Items from a data source
####
-- ===== src/Loop/Activity.antt =====
-- What a change of one task, and a task put in, mean for the bits and the count of busy tasks.
use libtx.Common.{ℕ, ◌≤◌, ◌≡◌, Bool, true, false, List, arith, update, ap}
use libtx.Common.Int.{ℤ, inc, inc_parts}
use libtx.Loop.{TxTask, Ref, task, insert_before_tailer, or_one}
use libtx.Loop.Queues.{
  bit, is_busy, has, ends_tailer, after_phony, any_busy, has-after, after_phony-insert,
  any_busy-insert, count_busy-insert, any_busy-update, count_busy-update, any_busy-same,
  count_busy-same,
}
use libtx.Loop.Invariant.{Activity}

bit-le : (b : Bool) → bit b ≤ 1
bit-le true = omega arith
bit-le false = omega arith

module _ {m : ℕ → TxTask} {q : List Ref} {b : ℕ} {a : ℤ} (p : ℕ) (t : TxTask) where
  pub update-Activity : has (task p) q ≡ false → Activity m q b a → Activity (update m p t) q b a
  update-Activity d v = record {
    recent = λ h. v.recent (rw (any_busy-update m p t _ (has-after (task p) q d)) at h);
    round = λ h. v.round (rw (any_busy-update m p t _ d) at h);
    counted = omega (arith, count_busy-update m p t q d, v.counted);
  }

  pub same-Activity :
      t.tx_flags.busy ≡ (m p).tx_flags.busy → Activity m q b a → Activity (update m p t) q b a
  same-Activity e v = record {
    recent = λ h. v.recent (rw (any_busy-same m p t _ e) at h);
    round = λ h. v.round (rw (any_busy-same m p t _ e) at h);
    counted = omega (arith, count_busy-same m p t q e, v.counted);
  }

  pub insert-Activity :
      has (task p) q ≡ false
      → Activity m q b a
      → Activity (update m p t) (insert_before_tailer (task p) q) (or_one b) (inc a)
  unfolding or_one
  insert-Activity d v = record {
    recent = λ h. omega arith;
    round = λ h. omega arith;
    counted = omega (
      arith,
      inc_parts a,
      count_busy-insert (update m p t) (task p) q,
      count_busy-update m p t q d,
      v.counted,
      bit-le (is_busy (update m p t) (task p)),
    );
  }

-- A task that is not busy comes into the queue without any bit of the activity.
pub quiet-Activity :
    {m : ℕ → TxTask} {q : List Ref} {b : ℕ} {a : ℤ} (p : ℕ) (t : TxTask)
    → t.tx_flags.busy ≡ false
    → ends_tailer q ≡ true
    → has (task p) q ≡ false
    → Activity m q b a
    → Activity (update m p t) (insert_before_tailer (task p) q) b a
quiet-Activity {m} {q} {b} {a} p t e ends d v = record {
  recent = λ h. u.recent (quiet (after_phony q) (rw (after_phony-insert p q ends) at h));
  round = λ h. u.round (quiet q h);
  counted = omega (arith, count_busy-insert (update m p t) (task p) q, u.counted, ap bit still);
}
  where
    u : Activity (update m p t) q b a
    u = update-Activity p t d v

    still : is_busy (update m p t) (task p) ≡ false
    still = ground arith

    quiet :
        (xs : List Ref)
        → any_busy (update m p t) (insert_before_tailer (task p) xs) ≡ true
        → any_busy (update m p t) xs ≡ true
    quiet xs h = ground (arith, any_busy-insert (update m p t) (task p) xs)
####
For each line above that holds the string "still", provide a copy of that line.

_Output for this task_:
  counted = omega (arith, count_busy-insert (update m p t) (task p) q, u.counted, ap bit still);
    still : is_busy (update m p t) (task p) ≡ false
    still = ground arith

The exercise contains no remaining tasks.